Well, this is very cool. I especially like that they used bitcoinj to make the prototype I wonder if they would open source it?

I thought from the title that this was some generic way to run any arbitrary Yao-style circuit integrated with Bitcoin, but it seems less ambitious - though I think the multi-party lottery scheme still rates as the most advanced usage of script yet found in the wild.

Does someone want to summarise their protocol? It's something that should be on the Contracts page, IMHO, but I found their paper to be highly obfuscated (they invented their own notation for scripts and things) and right now it's 1am and I can't concentrate enough to turn what they're doing back into something more understandable.

[moderate]

I think the multi-party lottery scheme still rates as the most advanced usage of script yet found in the wild.

Whoa! Where is that experiment described ?

[Mike Hearn]

What experiment? That transaction comes from the paper that the thread is about.

[socrates1024]

Does someone want to summarise their protocol?

This paper has a clever solution to the problem we were stuck on in Iddo's coinflip protocol, which relies on curently-disabled op codes.

The problem is only due to an incidental quirk in Bitcoin's scripting language anyway, so it's clever rather than fundamental. Iddo's hashlocked lottery protocol requires each party to select an arbitrary number, and a deterministic function of those numbers is used to decide the winner. The problem is the script language doesn't let us do math (like OP_ADD) on larger-than-4-byte numbers, and more than 4 bytes of randomness are needed for it to be very safe/fair. The solution they propose is to use OP_SIZE to effectively compress a large string down to a small math-friendly number.

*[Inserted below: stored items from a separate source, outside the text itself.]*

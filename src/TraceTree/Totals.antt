-- ===== src/TraceTree/Totals.antt =====
-- What `rollup` sums: the whole run, over the roots; and the depth at which it ends.
use mathlib.Core.Path.{subst}
use logquill_python.Base.{
  ℕ, zero, suc, ◌+◌, ◌-◌, ◌<◌, ◌≤◌, String, List, [], ◌∷◌, ◌≡◌, refl, sym, ap, ◌∙◌, length, arith,
  All,
}
use logquill_python.Base.Int.{ℤ, pos, pos_part, neg_part, ◌+ℤ◌, +ℤ_parts, eq_of_parts}
use logquill_python.Value.{Meta}
use logquill_python.TraceTree.{
  Node, exact, Rollup, Builder, node_at, add, add_children, rollup, own_tokens_cost, build_trace,
}
use logquill_python.TraceTree.Place.{total, total_below, total_children, build_trace-total}
use logquill_python.TraceTree.Kept.{kept, entries_of, entries_of-build_trace}
use logquill_python.TraceTree.Order.{InOrder, IsBelow, AreBefore, build_trace-AreBefore}

abbrev pub no_rollup : Rollup
no_rollup = record { tokens_in = pos 0; tokens_out = pos 0; cost_usd = exact (pos 0) }

-- the numbers of the records themselves
abbrev pub sum_own : List Meta → Rollup
sum_own [] = no_rollup
sum_own (entry ∷ rest) = add (own_tokens_cost entry) (sum_own rest)

-- of the roots, what the first line of each trace shows
abbrev pub sum_roots : ℕ → Builder → Rollup
sum_roots depth b = add_children (rollup depth b.store) no_rollup b.roots

pub AreBefore-node_at :
    (k i : ℕ) (store : List Node)
    → AreBefore k store
    → All (IsBelow (k + i)) (node_at store i).children
unfolding node_at
AreBefore-node_at k i [] a = tt
AreBefore-node_at k zero (n ∷ store) (first, more) =
    subst (λ m. All (IsBelow m) n.children) (omega arith) first
AreBefore-node_at k (suc i) (n ∷ store) (first, more) =
    subst (λ m. All (IsBelow m) (node_at store i).children) (omega arith)
      (AreBefore-node_at (suc k) i store more)

add_children_same :
    (f g : ℕ → Rollup) (n : ℕ) (l : List ℕ) (r : Rollup)
    → ((i : ℕ) → i < n → f i ≡ g i)
    → All (IsBelow n) l
    → add_children f r l ≡ add_children g r l
unfolding add_children
add_children_same f g n [] r h a = refl
add_children_same f g n (c ∷ l) r h (first, more) =
    rw (h c first) (add_children_same f g n l (add r (g c)) h more)

add_children_none :
    (f : ℕ → Rollup) (r : Rollup) (l : List ℕ) → All (IsBelow 0) l → add_children f r l ≡ r
unfolding add_children
add_children_none f r [] h = refl
add_children_none f r (c ∷ l) (first, more) = absurd (omega arith)

-- one more level changes nothing at a node that stands below the depth
rollup-suc :
    (store : List Node) (d i : ℕ)
    → AreBefore 0 store
    → i ≤ d
    → rollup (suc d) store i ≡ rollup d store i
unfolding rollup
rollup-suc store zero i a h =
    add_children_none (rollup zero store) (own_tokens_cost (node_at store i).entry)
      (node_at store i).children
      (subst (λ m. All (IsBelow m) (node_at store i).children) (omega (arith, h))
        (AreBefore-node_at 0 i store a))
rollup-suc store (suc d) i a h =
    add_children_same (rollup (suc d) store) (rollup d store) (0 + i) (node_at store i).children
      (own_tokens_cost (node_at store i).entry)
      (λ c below. rollup-suc store d c a (omega (arith, below, h))) (AreBefore-node_at 0 i store a)

rollup-add :
    (store : List Node) (i more : ℕ)
    → AreBefore 0 store
    → rollup (i + more) store i ≡ rollup i store i
rollup-add store i zero a = ap (λ (d : ℕ). rollup d store i) (omega arith)
rollup-add store i (suc more) a =
    ap (λ (d : ℕ). rollup d store i) (omega arith)
    ∙ rollup-suc store (i + more) i a (omega arith)
    ∙ rollup-add store i more a

-- In a run whose records come in the documented order, `rollup` of the node at a place ends within
-- as many nested calls as there are places before it: a greater depth gives the same result.
pub rollup-ends :
    (run_id : String) (records : List Meta) (i depth : ℕ)
    → InOrder run_id [] records
    → i ≤ depth
    → let store = (build_trace records run_id).store in rollup depth store i ≡ rollup i store i
rollup-ends run_id records i depth ordered h =
    let store = (build_trace records run_id).store in
    ap (λ (d : ℕ). rollup d store i) (omega (arith, h))
    ∙ rollup-add store i (depth - i) (build_trace-AreBefore run_id records ordered)

total_below_front :
    (f : ℕ → ℕ) (n : ℕ) → total_below f (suc n) ≡ f 0 + total_below (λ i. f (suc i)) n
total_below_front f zero = refl
total_below_front f (suc n) = omega (arith, total_below_front f n)

pub total_below-children :
    (f : ℕ → ℕ) (store : List Node)
    → total_below (λ i. total f (node_at store i).children) (length store) ≡ total_children f store
unfolding node_at
total_below-children f [] = refl
total_below-children f (n ∷ store) =
    total_below_front (λ i. total f (node_at (n ∷ store) i).children) (length store)
    ∙ ap (λ (k : ℕ). total f n.children + k) (total_below-children f store)

abbrev pub total_entries : (Meta → ℕ) → List Meta → ℕ
total_entries f [] = 0
total_entries f (entry ∷ rest) = f entry + total_entries f rest

pub total_below-entries :
    (f : Meta → ℕ) (store : List Node)
    → total_below (λ i. f (node_at store i).entry) (length store)
      ≡ total_entries f (entries_of store)
unfolding node_at
total_below-entries f [] = refl
total_below-entries f (n ∷ store) =
    total_below_front (λ i. f (node_at (n ∷ store) i).entry) (length store)
    ∙ ap (λ (k : ℕ). f n.entry + k) (total_below-entries f store)

total_below_sums :
    (a b c d e f : ℕ → ℕ) (n : ℕ)
    → ((i : ℕ) → i < n → a i + b i + c i ≡ d i + e i + f i)
    → total_below a n + total_below b n + total_below c n
      ≡ total_below d n + total_below e n + total_below f n
total_below_sums a b c d e f zero h = refl
total_below_sums a b c d e f (suc n) h =
    omega (arith, h n (omega arith), total_below_sums a b c d e f n (λ i l. h i (omega (arith, l))))

-- one of the two whole numbers of a rollup
module _ (part : Rollup → ℤ) (part-add : (a b : Rollup) → part (add a b) ≡ part a +ℤ part b) where
  up : Rollup → ℕ
  up r = pos_part (part r)

  down : Rollup → ℕ
  down r = neg_part (part r)

  add_parts : (a b : Rollup) → up (add a b) + down a + down b ≡ down (add a b) + up a + up b
  unfolding up down
  add_parts a b = rw (part-add a b) (+ℤ_parts (part a) (part b))

  add_children_parts :
      (f : ℕ → Rollup) (r : Rollup) (l : List ℕ)
      → up (add_children f r l) + down r + total (λ i. down (f i)) l
        ≡ down (add_children f r l) + up r + total (λ i. up (f i)) l
  unfolding add_children
  add_children_parts f r [] = omega arith
  add_children_parts f r (c ∷ l) =
      omega (arith, add_parts r (f c), add_children_parts f (add r (f c)) l)

  sum_own_parts :
      (records : List Meta)
      → up (sum_own records)
          + down no_rollup
          + total_entries (λ e. down (own_tokens_cost e)) records
        ≡ down (sum_own records)
          + up no_rollup
          + total_entries (λ e. up (own_tokens_cost e)) records
  sum_own_parts [] = omega arith
  sum_own_parts (entry ∷ rest) =
      omega (arith, add_parts (own_tokens_cost entry) (sum_own rest), sum_own_parts rest)

  rollup_parts :
      (store : List Node) (i : ℕ)
      → AreBefore 0 store
      → i < length store
      → up (rollup (length store) store i)
          + down (own_tokens_cost (node_at store i).entry)
          + total (λ c. down (rollup (length store) store c)) (node_at store i).children
        ≡ down (rollup (length store) store i)
          + up (own_tokens_cost (node_at store i).entry)
          + total (λ c. up (rollup (length store) store c)) (node_at store i).children
  rollup_parts store i a h =
      subst
        (λ (r : Rollup).
          up r
            + down (own_tokens_cost (node_at store i).entry)
            + total (λ c. down (rollup (length store) store c)) (node_at store i).children
          ≡ down r
            + up (own_tokens_cost (node_at store i).entry)
            + total (λ c. up (rollup (length store) store c)) (node_at store i).children)
        (rollup-suc store (length store) i a (omega (arith, h)))
        (unfold rollup in
          add_children_parts (rollup (length store) store) (own_tokens_cost (node_at store i).entry)
            (node_at store i).children)

  part-sum_roots :
      (run_id : String) (records : List Meta)
      → InOrder run_id [] records
      → let b = build_trace records run_id in
        part (sum_roots (length b.store) b) ≡ part (sum_own (kept run_id records))
  unfolding up down
  part-sum_roots run_id records ordered =
      let b = build_trace records run_id in
      let n = length b.store in
      let ups : (ℕ → ℕ) = λ i. up (rollup n b.store i) in
      let downs : (ℕ → ℕ) = λ i. down (rollup n b.store i) in
      eq_of_parts (part (sum_roots n b)) (part (sum_own (kept run_id records))) (
        rw (sym (entries_of-build_trace run_id records)) (
          omega (
            arith,
            add_children_parts (rollup n b.store) no_rollup b.roots,
            build_trace-total run_id records ups,
            build_trace-total run_id records downs,
            total_below-children ups b.store,
            total_below-children downs b.store,
            total_below-entries (λ e. up (own_tokens_cost e)) b.store,
            total_below-entries (λ e. down (own_tokens_cost e)) b.store,
            sum_own_parts (entries_of b.store),
            total_below_sums ups (λ i. down (own_tokens_cost (node_at b.store i).entry))
                (λ i. total downs (node_at b.store i).children) downs
                (λ i. up (own_tokens_cost (node_at b.store i).entry))
                (λ i. total ups (node_at b.store i).children) n
                (λ i h. rollup_parts b.store i (build_trace-AreBefore run_id records ordered) h),
          )))

-- In a run whose records come in the documented order, the tokens in and the tokens out that the
-- rollups of the roots show add up to those of the records of the run, each counted once.
pub build_trace-sum_roots :
    (run_id : String) (records : List Meta)
    → InOrder run_id [] records
    → let b = build_trace records run_id in
      let shown = sum_roots (length b.store) b in
      let own = sum_own (kept run_id records) in
      (shown.tokens_in ≡ own.tokens_in) × (shown.tokens_out ≡ own.tokens_out)
build_trace-sum_roots run_id records ordered = (
  part-sum_roots (λ r. r.tokens_in) (λ a b. refl) run_id records ordered,
  part-sum_roots (λ r. r.tokens_out) (λ a b. refl) run_id records ordered,
)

The key step goes like this: each player selects a random number i, in the range 0, 1, ..., N (for an N-player lottery). Then, they select random string s with 20+i bytes. The commitment is the hash of s, and to reveal it you do "{s} OP_SIZE OP_DUP {20} {20+n} OP_WITHIN OP_VERIFY {20} OP_SUB" in the script to get out just "i".

[Mike Hearn]

I thought iddo/adams protocol only worked for the two party case?

[socrates1024]

I thought iddo/adams protocol only worked for the two party case?

Yes but generalizing it to multiple parties (as in the paper) is trivial.
The only substantial way it improves on iddo's is using OP_SIZE to be compatible with existing opcodes. 

[socrates1024]

One big problem with the N-way lottery protocol in this paper is that it requires an extremely steep security deposit. Each player wagers only 1 coin, but has to additionally deposit N(N-1) coins. In total, only N coins are wagered, but O(N³) coins are escrowed for fairness. They argue (and I agree with it) that this is the best that can be done... for a one round protocol!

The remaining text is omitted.